PMBus gives standardized pages, scaling, and tooling; it adds complexity and code size. A minimal I²C map is lighter and can expose “min/max since last read” with auto-clear. For one rail and tiny MCUs, I²C is efficient; for fleets and tooling, PMBus scales better.
How to HMAC-sign a dump for warranty disputes?
Append a device-scoped HMAC-SHA256 over the normalized payload (CSV line or CBOR bytes) including ts_ms, monotonic tick, and firmware revision. Keep the key in protected storage; verify server-side. Include a CRC for transport errors and a counter to prevent replay.
Does spread-spectrum impact min/max capture accuracy?
It can redistribute ripple energy and slightly change peak timing. Hardware min/max still works if your anti-alias and blanking are set for the broadened spectrum.
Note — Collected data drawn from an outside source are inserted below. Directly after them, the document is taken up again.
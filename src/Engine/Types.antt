-- ===== src/Engine/Types.antt =====
-- The records and states of runner.go. A timestamp is a number, a pointer to one an `Option`.
use chamicore.Prelude.{ℕ, Bool, List, Option}
use chamicore.Text.{Text}

pub data TransitionState : Type 0 where
  pending running completed failed partial canceled planned : TransitionState

pub data TaskState : Type 0 where
  pending running succeeded failed canceled planned : TaskState

-- The operations that the engine names; `other` is any value that its switches do not.
pub data ResetOperation : Type 0 where
  on graceful_restart force_restart nmi force_off graceful_shutdown : ResetOperation
  other : Text → ResetOperation

pub record Transition : Type 0 where
  pub id : Text
  pub request_id : Text
  pub operation : Text
  pub state : TransitionState
  pub requested_by : Text
  pub dry_run : Bool
  pub target_count : ℕ
  pub success_count : ℕ
  pub failure_count : ℕ
  pub queued_at : ℕ
  pub started_at : Option ℕ
  pub completed_at : Option ℕ
  pub created_at : ℕ
  pub updated_at : ℕ

pub record Task : Type 0 where
  pub id : Text
  pub transition_id : Text
  pub node_id : Text
  pub bmc_id : Text
  pub bmc_endpoint : Text
  pub credential_id : Text
  pub operation : Text
  pub state : TaskState
  pub dry_run : Bool
  pub insecure_skip_verify : Bool
  pub attempt_count : ℕ
  pub final_power_state : Text
  pub error_detail : Text
  pub queued_at : ℕ
  pub started_at : Option ℕ
  pub completed_at : Option ℕ
  pub created_at : ℕ
  pub updated_at : ℕ

-- `transitionProgress`; its cancel function acts on the context of the transition, `canceled`.
pub record Progress : Type 0 where
  pub transition : Transition
  pub remaining : ℕ
  pub executable_total : ℕ
  pub canceled_count : ℕ
  pub started : Bool
  pub aborted : Bool
  pub context_canceled : Bool

pub record StartRequest : Type 0 where
  pub request_id : Text
  pub requested_by : Text
  pub operation : Text
  pub node_ids : List Text
  pub dry_run : Bool

-- `ExecutionRequest`.
pub record ExecutionRequest : Type 0 where
  pub transition_id : Text
  pub task_id : Text
  pub node_id : Text
  pub bmc_id : Text
  pub endpoint : Text
  pub credential_id : Text
  pub insecure_skip_verify : Bool
  pub operation : ResetOperation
For precision, increase measurement dwell or use EWMA windows large enough to smooth frequency dither effects.
How to sync timestamps across multiple rails?
Use a shared monotonic tick sourced from a common oscillator and mark events with both ts_ms and tick. Periodically discipline drift using a sync pulse or host-broadcast checkpoint. On merge, align by tick, then refine by wall clock to handle wrap and resets.
What counters matter most for field reliability?
Prioritize cumulative charge (A·s), thermal exposure above reference (°C·s), fault-hours, and retried-event counts. Add ripple-stress bins per mode. These correlate with connector fatigue, capacitor aging, and MOSFET stress. Track firmware revisions so counter trends map cleanly to design changes.